*Assigned task:* If a line in the entries below includes "elim", show that line.

*Task material:*
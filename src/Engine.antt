-- ===== src/Engine.antt =====
-- backend/crypto_engine/__init__.py
pub mod Action
pub mod Envelope
pub mod Services
pub mod Encrypt
pub mod Guarantees
pub mod Send
pub mod Decrypt
pub mod Receive
pub mod RoundTrip
pub mod Refusals
pub mod World
pub mod Tests
use qu_mail.Prelude.{ℕ, String, Bool, List}
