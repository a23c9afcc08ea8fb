-- ===== src/Engine/Action.antt =====
-- What a coroutine of the engine does: a result or an exception, and the state that it leaves its
-- surroundings in.
use qu_mail.Result.{Result, ok, Error, err}
use qu_mail.Prelude.{◌≡◌, ap, ◌∙◌}

abbrev pub Action {ℓ} : Type 0 → Type ℓ → Type ℓ
Action S A = S → Result A × S

module _ {S : Type 0} where
  abbrev pub continue {ℓ κ} :
      {A : Type ℓ} {B : Type κ} → (A → Action S B) → Result A × S → Result B × S
  continue f x = elim x.0 [ ok a ↦ f a x.1 | err e ↦ (err e, x.1) ]

  infixl 5 ◌>>=◌
  unfoldable pub ◌>>=◌ {ℓ κ} :
      {A : Type ℓ} {B : Type κ} → Action S A → (A → Action S B) → Action S B
  ◌>>=◌ m f s = continue f (m s)

  -- A step that touches no state.
  unfoldable pub lift {ℓ} : {A : Type ℓ} → Result A → Action S A
  lift r s = (r, s)

  abbrev pub pure {ℓ} : {A : Type ℓ} → A → Action S A
  pure a = lift (ok a)

  abbrev pub handled {ℓ} : {A : Type ℓ} → (Error → Action S A) → Result A × S → Result A × S
  handled handler x = elim x.0 [ ok a ↦ (ok a, x.1) | err e ↦ handler e x.1 ]

  -- `try: … except Exception as e: …`
  unfoldable pub catch {ℓ} : {A : Type ℓ} → Action S A → (Error → Action S A) → Action S A
  catch m handler s = handled handler (m s)

  -- The action succeeds, and its value and the state that it leaves satisfy `P`.
  pub record Gives {ℓ κ} {A : Type ℓ} (m : Action S A) (s : S) (P : A → S → Type κ)
      : Type (ℓ ⊔ κ) where
    pub value : A
    pub after : S
    pub outcome : m s ≡ (ok value, after)
    pub holds : P value after

  pub gives_bind {ℓ κ ι μ} :
      {A : Type ℓ} {B : Type κ} {P : A → S → Type ι} {Q : B → S → Type μ} {m : Action S A}
      {f : A → Action S B} {s : S}
      → Gives m s P
      → ((a : A) (t : S) → P a t → Gives (f a) t Q)
      → Gives (m >>= f) s Q
  unfolding ◌>>=◌
  gives_bind {f = f} g next =
      let h = next g.value g.after g.holds in
      record {
        value = h.value;
        after = h.after;
        outcome = ap (continue f) g.outcome ∙ h.outcome;
        holds = h.holds;
      }

  pub gives_weaken {ℓ κ ι} :
      {A : Type ℓ} {P : A → S → Type κ} {Q : A → S → Type ι} {m : Action S A} {s : S}
      → Gives m s P
      → ((a : A) (t : S) → P a t → Q a t)
      → Gives m s Q
  gives_weaken g next = record {
    value = g.value;
    after = g.after;
    outcome = g.outcome;
    holds = next g.value g.after g.holds;
  }

  -- A step that touches no state and is known to succeed.
  pub gives_lift {ℓ κ} :
      {A : Type ℓ} {P : A → S → Type κ} {r : Result A} {s : S} (a : A)
      → r ≡ ok a
      → P a s
      → Gives (lift r) s P
  unfolding lift
  gives_lift {s = s} a e p = record {
    value = a;
    after = s;
    outcome = ap (λ x. (x, s)) e;
    holds = p;
  }

  pub gives_catch {ℓ κ} :
      {A : Type ℓ} {P : A → S → Type κ} {m : Action S A} {s : S} (h : Error → Action S A)
      → Gives m s P
      → Gives (catch m h) s P
  unfolding catch
  gives_catch h g = record {
    value = g.value;
    after = g.after;
    outcome = ap (handled h) g.outcome;
    holds = g.holds;
  }

  pub gives_step {ℓ κ ι} :
      {A : Type ℓ} {B : Type κ} {Q : B → S → Type ι} {r : Result A} {s : S} (f : A → Action S B)
      (a : A)
      → r ≡ ok a
      → Gives (f a) s Q
      → Gives (lift r >>= f) s Q
  gives_step {Q = Q} f a e g =
      gives_bind {P = λ b t. Gives (f b) t Q} (gives_lift a e g) (λ _ _ h. h)

  -- A step that raises ends the action.
  pub fails_bind {ℓ κ} :
      {A : Type ℓ} {B : Type κ} {s t : S} {e : Error} (m : Action S A) (f : A → Action S B)
      → m s ≡ (err e, t)
      → (m >>= f) s ≡ (err e, t)
  unfolding ◌>>=◌
  fails_bind m f e = ap (continue f) e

*Task answer:*
  continue f x = elim x.0 [ ok a ↦ f a x.1 | err e ↦ (err e, x.1) ]
  handled handler x = elim x.0 [ ok a ↦ (ok a, x.1) | err e ↦ handler e x.1 ]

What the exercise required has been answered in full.